En mi familia, toda la vida ha sido el día Navidad la fiesta grande. La Nochebuena cada uno se iba con sus políticos, pero el veinticinco nos reuníamos nosotros. Este año, por primera vez en todos los que tengo, no vamos a reunirnos en una casa sino en un restaurante. Y eso me produce una cierta nostalgia, un sentimiento de pérdida de algo sagrado. Porque el ritual no es el mismo; para empezar no vamos a comer el pavo con la receta de mi abuela. Siempre nos juntábamos hacia el día de la lotería mis hermanas y yo para echarles a los pavos, si no guindas, sí manzanas y pasas y piñones y jamón y magro de cerdo y vino de jerez. Los rellenábamos juntas y luego cada una asaba un bicho en su casa y lo llevaba a la comida. Era un trámite que me gustaba porque estamos juntas muy pocas veces las tres y hablábamos de cosas, nos reíamos y llamábamos a la Isi a su residencia para felicitarla. La Isi es una institución en mi familia; entró en casa -en la de mis padres- el año que yo me casé pero a mi me parece que ya nací con ella. En cualquier caso, va para treinta y nueve años, que se dice muy pronto. Desde hace un tiempo está jubilada en una residencia de Montejo de la Sierra, donde a sus setenta y tres es la benjamina del centro y le tiran los tejos todos los octogenarios y nonagenarios. Ha descubierto la felicidad. Un día hablaré largo y tendido de la Isi, porque merece un post para ella sola.
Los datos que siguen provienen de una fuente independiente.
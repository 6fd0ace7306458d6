-- ===== src/Client/NameWriting/Verified.antt =====
-- What `write_station_name` of src/solem_blip_ble/client_v2.py has checked before it writes and when
-- it returns.
use solem_blip_ble.Common.{◌≢◌}
use solem_blip_ble.Common.{
  ℕ, ◌≡◌, refl, sym, ap, ◌∙◌, inl, inr, true, false, some, List, [], ◌∷◌, ◌++◌, arith, Bytes, ◌==◌,
  Bool-cases, Option-cases, take, drop, ℤ, ok, ok-injective, >>=-eq-ok,
}
use solem_blip_ble.Common.Text.{Str}
use solem_blip_ble.Names.{StationNameSnapshot, revision}
use solem_blip_ble.Protocol.Metadata.{pack_station_name, pack_get_station_names}
use solem_blip_ble.Client.Polling.{Exception, stale_program, uncertain_write, returns}
use solem_blip_ble.Client.Handlers.{NameWrite, handle_name_notification}
use solem_blip_ble.Client.Handlers.Acknowledged.{
  any_frame, is_acknowledgement, is_name_rejection, handle_names_rejects, handle_names_acknowledges,
}
use solem_blip_ble.Client.Session.{Session, only, unless_raised, and_then, PartWait, write_and_wait}
use solem_blip_ble.Client.Session.Log.{
  unless_raised-returns, and_then-returns, and_then-sent, Outcome-cases, judged-returns,
}
use solem_blip_ble.Client.Session.Heard.{write_and_wait_heard, part_frames}
use package.solem_blip_ble.Client.NameWriting.{
  NameLimits, NameLink, name_read, name_part, name_acknowledged, write_name_part, write_name_parts,
  new_name_write, same_text, require_revision, name_transaction, name_verdict, write_station_name,
}
use solem_blip_ble.Common.Lists.{list_eq_sound}

-- The first notifications of a part hold an acknowledgement of its frame, and no rejection.
unfoldable pub IsAcknowledged : Bytes → PartWait → Type 0
IsAcknowledged frame part =
    (heard : List Bytes) × (later : List Bytes) × (part_frames part ≡ heard ++ later)
    × (any_frame (is_acknowledgement (some (0x34 ∷ take 3 (drop 1 frame)))) heard ≡ true)
    × (any_frame is_name_rejection heard ≡ false)

-- Each frame is acknowledged in its part.
unfoldable pub AreAcknowledged : List Bytes → List PartWait → Type 0
AreAcknowledged [] parts = Unit {0}
AreAcknowledged (frame ∷ frames) [] = ⊥
AreAcknowledged (frame ∷ frames) (part ∷ parts) =
    IsAcknowledged frame part × AreAcknowledged frames parts

write_name_part-IsAcknowledged :
    (timeout : ℕ) (frame : Bytes) (part : PartWait) (s s' : NameWrite)
    → (write_name_part timeout frame part s).outcome ≡ returns s'
    → IsAcknowledged frame part
unfolding write_name_part IsAcknowledged
write_name_part-IsAcknowledged timeout frame part s s' h =
    let (t, waited, unrejected) =
      and_then-returns
        (write_and_wait name_acknowledged handle_name_notification timeout frame part
          (name_part frame s))
        _ s' h in
    let (heard, later, split, same, seen) =
      write_and_wait_heard name_acknowledged handle_name_notification timeout frame part
        (name_part frame s) t waited in
    (
      heard,
      later,
      split,
      sym (handle_names_acknowledges (name_part frame s) heard refl)
          ∙ ap (λ (u : NameWrite). u.acknowledged) (sym same)
          ∙ seen,
      sym (handle_names_rejects (name_part frame s) heard refl)
          ∙ ap (λ (u : NameWrite). u.rejected) (sym same)
          ∙ ground arith,
    )

write_name_parts-AreAcknowledged :
    (timeout : ℕ) (frames : List Bytes) (parts : List PartWait) (s s' : NameWrite)
    → (write_name_parts timeout frames parts s).outcome ≡ returns s'
    → AreAcknowledged frames parts
unfolding write_name_parts AreAcknowledged
write_name_parts-AreAcknowledged timeout [] parts s s' h = tt
write_name_parts-AreAcknowledged timeout (frame ∷ frames) [] s s' h = ground arith
write_name_parts-AreAcknowledged timeout (frame ∷ frames) (part ∷ parts) s s' h =
    let (t, first, later) =
      and_then-returns (write_name_part timeout frame part s)
        (write_name_parts timeout frames parts) s' h in
    (
      write_name_part-IsAcknowledged timeout frame part s t first,
      write_name_parts-AreAcknowledged timeout frames parts t s' later,
    )

-- Texts that compare equal are equal.
pub same_text_sound : (s t : Str) → same_text s t ≡ true → s ≡ t
same_text_sound s t = list_eq_sound ◌==◌ (λ a b h. ground arith) s t

pub require_revision-returns :
    (sha256 : Bytes → Str) (e : Exception) (wanted actual found : StationNameSnapshot)
    → require_revision sha256 e wanted actual ≡ returns found
    → (found ≡ actual) × (revision sha256 actual ≡ revision sha256 wanted)
unfolding require_revision
require_revision-returns sha256 e wanted actual found h =
    elim (Bool-cases (same_text (revision sha256 actual) (revision sha256 wanted))) [
      | inl same ↦
          (ground arith, same_text_sound (revision sha256 actual) (revision sha256 wanted) same)
      | inr other ↦ ground arith
    ]

-- What the transaction has checked when it returns: the preflight against the baseline, the
-- acknowledgements, and the readback against the expected names.
name_transaction-returns :
    (sha256 : Bytes → Str) (limits : NameLimits) (link : NameLink) (frames : List Bytes)
    (expected before actual : StationNameSnapshot)
    → (name_transaction sha256 limits link frames expected before).outcome ≡ returns actual
    → (current : StationNameSnapshot) × ((name_read limits link.preflight).outcome
        ≡ returns current)
      × (revision sha256 current ≡ revision sha256 before)
      × AreAcknowledged frames link.parts
      × ((name_read limits link.readback).outcome ≡ returns actual)
      × (revision sha256 actual ≡ revision sha256 expected)
unfolding name_transaction
name_transaction-returns sha256 limits link frames expected before actual h =
    let (current, first, h1) = and_then-returns (name_read limits link.preflight) _ actual h in
    let (checked, second, h2) =
      and_then-returns (only (require_revision sha256 stale_program before current)) _ actual h1 in
    let (s, third, h3) =
      and_then-returns (write_name_parts limits.timeout frames link.parts new_name_write) _ actual
        h2 in
    let (found, fourth, h4) = and_then-returns (name_read limits link.readback) _ actual h3 in
    let (same, verified) =
      require_revision-returns sha256 uncertain_write expected found actual h4 in
    (
      current,
      first,
      (require_revision-returns sha256 stale_program before current checked second).1,
      write_name_parts-AreAcknowledged limits.timeout frames link.parts new_name_write s third,
      fourth ∙ ap returns (sym same),
      ap (revision sha256) same ∙ verified,
    )

-- If the method returns, its preflight has read names of the baseline's revision, each frame of the
-- name has been acknowledged and none rejected, and the names that it returns were read back and have
-- the expected revision.
pub write_station_name_verified :
    (sha256 : Bytes → Str) (limits : NameLimits) (link : NameLink) (station : ℤ) (name : Str)
    (expected before : StationNameSnapshot) (session : Session StationNameSnapshot)
    (actual : StationNameSnapshot)
    → write_station_name sha256 limits link station name expected before ≡ ok session
    → session.outcome ≡ returns actual
    → (frames : List Bytes) × (current : StationNameSnapshot) × (pack_station_name station name
          limits.max_station_num
        ≡ ok frames)
      × ((name_read limits link.preflight).outcome ≡ returns current)
      × (revision sha256 current ≡ revision sha256 before)
      × AreAcknowledged frames link.parts
      × ((name_read limits link.readback).outcome ≡ returns actual)
      × (revision sha256 actual ≡ revision sha256 expected)
unfolding write_station_name
write_station_name_verified sha256 limits link station name expected before session actual h done =
    let (frames, packed, same) =
      >>=-eq-ok (pack_station_name station name limits.max_station_num) _ h in
    let returned =
      judged-returns name_verdict
        (unless_raised link.subscribed (name_transaction sha256 limits link frames expected before))
        actual (ap (λ (t : Session StationNameSnapshot). t.outcome) (ok-injective same) ∙ done) in
    let (current, read, unchanged, acknowledged, readback, verified) =
      name_transaction-returns sha256 limits link frames expected before actual
        (unless_raised-returns link.subscribed _ actual returned) in
    (frames, current, packed, read, unchanged, acknowledged, readback, verified)

-- The list is the request alone, or nothing, and holds another frame.
only_request :
    (request frame : Bytes) (sent earlier later : List Bytes)
    → sent ≡ request ∷ []
    → sent ≡ earlier ++ (frame ∷ later)
    → frame ≢ request
    → ⊥
only_request request frame sent [] later one h other = ground arith
only_request request frame sent (x ∷ []) later one h other = ground arith
only_request request frame sent (x ∷ y ∷ earlier) later one h other = ground arith

nothing_sent : (frame : Bytes) (earlier later : List Bytes) → [] ≡ earlier ++ (frame ∷ later) → ⊥
nothing_sent frame [] later h = ground arith
nothing_sent frame (x ∷ earlier) later h = ground arith

-- A frame other than the request stands behind it.
behind_request :
    (request frame : Bytes) (tail earlier later : List Bytes)
    → request ∷ tail ≡ earlier ++ (frame ∷ later)
    → frame ≢ request
    → (rest : List Bytes) × (earlier ≡ request ∷ rest)
behind_request request frame tail [] later h other = absurd (ground arith)
behind_request request frame tail (x ∷ earlier) later h other = (earlier, ground arith)

name_transaction-guarded :
    (sha256 : Bytes → Str) (limits : NameLimits) (link : NameLink) (frames : List Bytes)
    (expected before : StationNameSnapshot) (frame : Bytes) (earlier later : List Bytes)
    → (name_transaction sha256 limits link frames expected before).sent ≡ earlier ++ (frame ∷ later)
    → frame ≢ pack_get_station_names
    → (current : StationNameSnapshot) × (rest : List Bytes) × (earlier
        ≡ pack_get_station_names ∷ rest)
      × ((name_read limits link.preflight).outcome ≡ returns current)
      × (revision sha256 current ≡ revision sha256 before)
unfolding name_transaction and_then require_revision
name_transaction-guarded sha256 limits link frames expected before frame earlier later h other =
    let alone =
      λ (one : (name_transaction sha256 limits link frames expected before).sent
          ≡ pack_get_station_names ∷ []).
        only_request pack_get_station_names frame _ earlier later one h other in
    elim (Outcome-cases (name_read limits link.preflight).outcome) [
      | inl (current, read) ↦
          elim (Bool-cases (same_text (revision sha256 current) (revision sha256 before))) [
            | inl same ↦
                let (rest, first) =
                  behind_request pack_get_station_names frame _ earlier later
                    (sym (and_then-sent (name_read limits link.preflight) _ current read) ∙ h)
                    other in
                (
                  current,
                  rest,
                  first,
                  read,
                  same_text_sound (revision sha256 current) (revision sha256 before) same,
                )
            | inr different ↦ absurd (alone (ground arith))
          ]
      | inr (inl (e, read)) ↦ absurd (alone (ground arith))
      | inr (inr read) ↦ absurd (alone (ground arith))
    ]

-- A frame other than the request is written only behind the request of a preflight that has read
-- names of the baseline's revision.
pub write_station_name_guarded :
    (sha256 : Bytes → Str) (limits : NameLimits) (link : NameLink) (station : ℤ) (name : Str)
    (expected before : StationNameSnapshot) (session : Session StationNameSnapshot) (frame : Bytes)
    (earlier later : List Bytes)
    → write_station_name sha256 limits link station name expected before ≡ ok session
    → session.sent ≡ earlier ++ (frame ∷ later)
    → frame ≢ pack_get_station_names
    → (current : StationNameSnapshot) × (rest : List Bytes) × (earlier
        ≡ pack_get_station_names ∷ rest)
      × ((name_read limits link.preflight).outcome ≡ returns current)
      × (revision sha256 current ≡ revision sha256 before)
unfolding write_station_name unless_raised
write_station_name_guarded sha256 limits link station name expected before session frame earlier
      later h done other =
    let (frames, packed, same) =
      >>=-eq-ok (pack_station_name station name limits.max_station_num) _ h in
    let sent = ap (λ (t : Session StationNameSnapshot). t.sent) (ok-injective same) ∙ done in
    elim (Option-cases link.subscribed) [
      | inl eq ↦
          name_transaction-guarded sha256 limits link frames expected before frame earlier later
            (sym (
                ap
                  (λ raised.
                    (unless_raised raised
                      (name_transaction sha256 limits link frames expected before)).sent)
                  eq)
              ∙ sent)
            other
      | inr (e, eq) ↦ absurd (nothing_sent frame earlier later (ground arith))
    ]
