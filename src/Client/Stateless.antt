-- ===== src/Client/Stateless.antt =====
-- `StatelessSolemClient._run_operation` of src/solem_blip_ble/client_v2.py: connect, run, close, with a
-- flat retry. A client is a number; each connection takes the next one.
pub mod Closing
use Prim.Native.Nat.{◌≤◌}
use solem_blip_ble.Common.{
  ℕ, suc, List, [], ◌∷◌, Bool, true, false, not, ◌&&◌, Option, none, some, if◌then◌else◌,
}
use solem_blip_ble.Client.Attempt.{
  verdict, transient, deadline, other, Race, returned, cancelled, timed_out, raised, dropped,
  Attempt, End, result, deadline_exceeded, verdict_raised, transient_raised, other_raised,
  cancel_raised, Event, connect, disconnect, pause,
}

pub record Link : Type 0 where
  pub active_client : Option ℕ
  pub link_dropped : Bool
  pub next_client : ℕ
  pub trace : List Event

-- The verdict of one attempt: the operation's end, or the next round.
pub data Step : Type 0 where
  stop : End → Step
  again : Step

-- `except` clauses for the ones that are caught: raise on unless a retry is safe.
abbrev pub retry_or_raise : Bool → Step
retry_or_raise retry_safe = if retry_safe then again else stop transient_raised

unfoldable pub after_race : Bool → Race → Step
after_race retry_safe returned = stop result
after_race retry_safe cancelled = stop cancel_raised
after_race retry_safe timed_out = retry_or_raise retry_safe
after_race retry_safe (dropped op_returned) = retry_or_raise retry_safe
after_race retry_safe (raised verdict) = stop verdict_raised
after_race retry_safe (raised transient) = retry_or_raise retry_safe
after_race retry_safe (raised deadline) = stop deadline_exceeded
after_race retry_safe (raised other) = stop other_raised

-- `_connect_within`: the new client, with the drop hint cleared.
unfoldable pub connected : Link → Link
connected s = record s {
  active_client = some s.next_client;
  link_dropped = false;
  next_client = suc s.next_client;
  trace = connect s.next_client ∷ s.trace;
}

-- The `finally` block for a client that was connected.
unfoldable pub closed : ℕ → Link → Link
closed client s = record s {
  active_client = none;
  link_dropped = false;
  trace = disconnect client ∷ s.trace;
}

-- The `try` statement of one attempt.
unfoldable pub attempt : Bool → Attempt → Link → Step × Link
unfolding after_race connected closed
attempt retry_safe e s =
    if not e.connects
    then (retry_or_raise retry_safe, s)
    else if e.expired_on_connect
    then (stop deadline_exceeded, closed s.next_client (connected s))
    else (after_race retry_safe e.race, closed s.next_client (connected s))

-- The pause before another attempt, if the deadline and the count leave one.
unfoldable pub paused : Bool → Bool → Link → Link
paused expired last s = if not expired && not last then record s { trace = pause ∷ s.trace } else s

-- One turn of the loop: what follows if the deadline is over, the verdict of the attempt, the state
-- behind it, and what the later turns give.
unfoldable pub turn {ℓ} : {S : Type ℓ} → Bool → End × S → Step → S → End × S → End × S
turn true expired step s' later = expired
turn false expired (stop end) s' later = (end, s')
turn false expired again s' later = later

-- Behind the pause, if there was one: a cancellation in it ends the operation with the state that the
-- pause has found.
unfoldable pub resumed {ℓ} : {S : Type ℓ} → Attempt → Bool → S → End × S → End × S
resumed e last s later =
    if e.pause_cancelled && (not e.expired_after && not last) then (cancel_raised, s) else later

-- The attempts from here on; `rounds` are left. The list gives each attempt its events.
unfoldable pub attempts : Bool → List Attempt → Link → End × Link
unfolding turn resumed
attempts retry_safe [] s = (deadline_exceeded, s)
attempts retry_safe (e ∷ es) s =
    let (step, s') = attempt retry_safe e s in
    let last : Bool = elim es [ [] ↦ true | x ∷ r ↦ false ] in
    let s'' = paused e.expired_after last s' in
    let later = resumed e last s'' (attempts retry_safe es s'') in
    turn e.expired_before (deadline_exceeded, s) step s' later

-- The loop over three attempts. A mock client has no BLE operation.
unfoldable pub run_operation : Bool → Bool → Attempt → Attempt → Attempt → Link → End × Link
unfolding attempts
run_operation mock retry_safe first second third s =
    if mock then (transient_raised, s) else attempts retry_safe (first ∷ second ∷ third ∷ []) s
Después de comer jugábamos a cosas y el año pasado hicimos una votación secreta para ver quién era el más friki de la familia y yo obtuve un honroso tercer puesto, que es que hay algunos que son imbatibles. Era todo de mucha risa. Y está muy bien eso de reírse con los hijos y los sobrinos.
En fin, que por mucho que nos hagamos los duros son días de nostalgias y de ausencias.
Amigos, Felices Pascuas y, sobre todo, feliz 2010 que es más largo.